Another use of ICD-10-CM is for keeping statistics. The National Center for Health Statistics (NCHS) within the National Institutes of Health (NIH) uses ICD-10 data to monitor population health. Having a standard prediabetes ICD-10 code allows the NCHS to know how many people are diagnosed with prediabetes in a given year, and whether that number is increasing. These data are valuable when making decisions about funding, such as the decision to reimburse Diabetes Prevention Programs upon seeing the explosion in prediabetes in the population.

What are the International Code of Diagnostics and ICD-10?

The International Code of Diagnostics (ICD) is the international system for streamlining medical care. The World Health Organization (WHO) has been publishing versions of the ICD since 1948. It is now on the tenth version, ICD-10, which has been adopted for use by over 100 countries, including the U.S. 

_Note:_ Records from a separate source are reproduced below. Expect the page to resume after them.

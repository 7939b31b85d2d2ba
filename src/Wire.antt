-- ===== src/Wire.antt =====
-- The enumerations of src/wstangoproc_common/common.h, ErrorType.h and ResponseFromEvent.h, and
-- the tables of EnumConverter.h. `EventType` has the four events of Tango that the program names.
pub mod Tags
pub mod Kinds
use web_socket_ds.Base.{String, [], ◌∷◌, get_or}
use web_socket_ds.Base.Dict.{Dict, lookup, string_eq}

-- The build: server_mode or client_mode (CurrentMode.h).
pub data Mode : Type 0 where
  server_mode client_mode : Mode

pub data TypeWsReq : Type 0 where
  attribute attribute_write attribute_write_dev attribute_write_gr : TypeWsReq
  command command_dev command_gr : TypeWsReq
  pipe pipe_comm pipe_comm_dev pipe_comm_gr : TypeWsReq
  command_dev_client attr_dev_client attr_dev_client_wr attr_gr_client : TypeWsReq
  user_check_status change_user : TypeWsReq
  attribute_read attribute_read_dev attribute_read_gr : TypeWsReq
  event_req_add_dev event_req_rem_dev event_req_off event_req_check_dev : TypeWsReq
  unknown : TypeWsReq

pub data TypeOfIdent : Type 0 where
  simple permission_www : TypeOfIdent

pub data TypeOfVal : Type 0 where
  value array object none : TypeOfVal

pub data SingleOrGroup : Type 0 where
  single group single_from_group : SingleOrGroup

pub data ErrorType : Type 0 where
  init_failed auth_check auth_perm auth_server_err is_not_valid not_supp : ErrorType
  not_supp_in_curr unknown_req_type check_request tango_exception unavailable_devs : ErrorType
  event_err exc_from_event_dev check_code subscr_not_found communication_failed : ErrorType
  connection_failed unknown_exc not_subscr_yet from_event_subscr device_not_in_group : ErrorType

pub data EventType : Type 0 where
  change_event periodic_event user_event archive_event : EventType

pub data ResponseType : Type 0 where
  error_m success added_early : ResponseType

abbrev type_ws_req_map : Dict String TypeWsReq
type_ws_req_map =
    ("command", command)
    ∷ ("command_device", command_dev)
    ∷ ("command_group", command_gr)
    ∷ ("read_pipe", pipe_comm)
    ∷ ("read_pipe_dev", pipe_comm_dev)
    ∷ ("read_pipe_gr", pipe_comm_gr)
    ∷ ("command_device_cl", command_dev_client)
    ∷ ("attr_device_cl", attr_dev_client)
    ∷ ("write_attr", attribute_write)
    ∷ ("write_attr_dev", attribute_write_dev)
    ∷ ("write_attr_gr", attribute_write_gr)
    ∷ ("write_attr_dev_cl", attr_dev_client_wr)
    ∷ ("attr_group_cl", attr_gr_client)
    ∷ ("user_status", user_check_status)
    ∷ ("change_user_smpl", change_user)
    ∷ ("read_attr", attribute_read)
    ∷ ("read_attr_dev", attribute_read_dev)
    ∷ ("read_attr_gr", attribute_read_gr)
    ∷ ("eventreq_add_dev", event_req_add_dev)
    ∷ ("eventreq_rem_dev", event_req_rem_dev)
    ∷ ("eventreq_off", event_req_off)
    ∷ ("eventreq_check_dev", event_req_check_dev)
    ∷ ("", unknown)
    ∷ []

unfoldable pub type_ws_req_from_string : String → TypeWsReq
unfolding lookup
type_ws_req_from_string tag = get_or (lookup tag type_ws_req_map) unknown

unfoldable pub error_type_to_string : ErrorType → String
error_type_to_string init_failed = "init_failed"
error_type_to_string auth_check = "auth_check"
error_type_to_string auth_perm = "auth_perm"
error_type_to_string auth_server_err = "auth_server_err"
error_type_to_string is_not_valid = "is_not_valid"
error_type_to_string not_supp = "not_supp"
error_type_to_string not_supp_in_curr = "not_supp_in_curr"
error_type_to_string unknown_req_type = "unknown_req_type"
error_type_to_string check_request = "check_request"
error_type_to_string tango_exception = "tango_exc"
error_type_to_string unavailable_devs = "unavailable_devs"
error_type_to_string event_err = "event_err"
error_type_to_string exc_from_event_dev = "event_dev_err"
error_type_to_string check_code = "check_code"
error_type_to_string subscr_not_found = "subscr_not_found"
error_type_to_string communication_failed = "commun_failed"
error_type_to_string connection_failed = "conn_failed"
error_type_to_string unknown_exc = "unknown_exc"
error_type_to_string not_subscr_yet = "not_subscr_yet"
error_type_to_string from_event_subscr = "from_event_sub"
error_type_to_string device_not_in_group = "device_not_in_group"

unfoldable pub event_type_to_string : EventType → String
event_type_to_string archive_event = "archive"
event_type_to_string periodic_event = "periodic"
event_type_to_string user_event = "user"
event_type_to_string change_event = "change"
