-- ===== src/Request.antt =====
-- src/wstangoproc_common/ParsingInputJson.h: the parsed request. `Tree` is boost's ptree.
pub mod EventLists
pub mod Validity
pub mod Parse
pub mod Complete
pub mod Answered
use web_socket_ds.Base.{String, Bool, true, false, List, [], ◌∷◌, if◌then◌else◌, is_some, get_or}
use web_socket_ds.Base.Dict.{Dict, lookup, string_eq}
use web_socket_ds.Wire.{TypeWsReq, TypeOfVal, value, array, object}

-- The event lists are those of the client build; the server build leaves them empty.
pub record ParsedInputJson (Tree : Type 0) : Type 0 where
  pub is_valid : Bool
  pub err_mess : String
  pub id : String
  pub type_req_str : String
  pub type_req : TypeWsReq
  pub input_json : String
  pub other_inp_vec : Dict String (List String)
  pub other_inp_str : Dict String String
  pub other_inp_obj : Dict String Tree
  pub periodic_ev_sub_list : Dict String (List String)
  pub change_ev_sub_list : Dict String (List String)
  pub user_ev_sub_list : Dict String (List String)
  pub archive_ev_sub_list : Dict String (List String)

abbrev pub is_value : TypeOfVal → Bool
is_value value = true
is_value _ = false

abbrev pub is_array : TypeOfVal → Bool
is_array array = true
is_array _ = false

abbrev pub is_object : TypeOfVal → Bool
is_object object = true
is_object _ = false

abbrev pub is_none : TypeOfVal → Bool
is_none TypeOfVal.none = true
is_none _ = false

abbrev same_val : TypeOfVal → TypeOfVal → Bool
same_val value t = is_value t
same_val array t = is_array t
same_val object t = is_object t
same_val TypeOfVal.none t = is_none t

module _ {Tree : Type 0} (p : ParsedInputJson Tree) where
  unfoldable pub check_key : String → TypeOfVal
  check_key key =
      if is_some (lookup key p.other_inp_str)
      then value
      else if is_some (lookup key p.other_inp_vec)
      then array
      else if is_some (lookup key p.other_inp_obj)
      then object
      else TypeOfVal.none

  -- The loop of `check_keys`, behind its first round.
  check_rest : TypeOfVal → List String → TypeOfVal
  check_rest t [] = t
  check_rest t (key ∷ keys) =
      let rest = check_rest t keys in if same_val (check_key key) t then rest else TypeOfVal.none

  -- With no key the source returns a value that it never set; the program always passes two or
  -- three.
  unfoldable pub check_keys : List String → TypeOfVal
  unfolding check_rest
  check_keys [] = TypeOfVal.none
  check_keys (key ∷ keys) =
      let t = check_key key in if is_none t then TypeOfVal.none else check_rest t keys

  -- `otherInpStr.at(key)`, which is called only where the key is there. For a missing key `at` would
  -- throw; the empty text stands for no call of the source.
  unfoldable pub value_at : String → String
  value_at key = get_or (lookup key p.other_inp_str) ""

Compared to ICD-9, ICD-10 has more codes and specificity. The former has 14,000 codes, while ICD-10 has over 70,000. In ICD-9, prediabetes falls under 790.29: “Other abnormal blood glucose.” Sharing this diagnosis include hypoglycemia, hyperglycemia due to steroids, prediabetes, and over 20 other symptoms. 

While ICD-10-M is used for mortality statistics, ICD-10-CM [clinical modification] is used for morbidities, such as prediabetes. It has been used in the U.S. since 2015, and was published by the Centers for Medicare and Medicaid (CMS).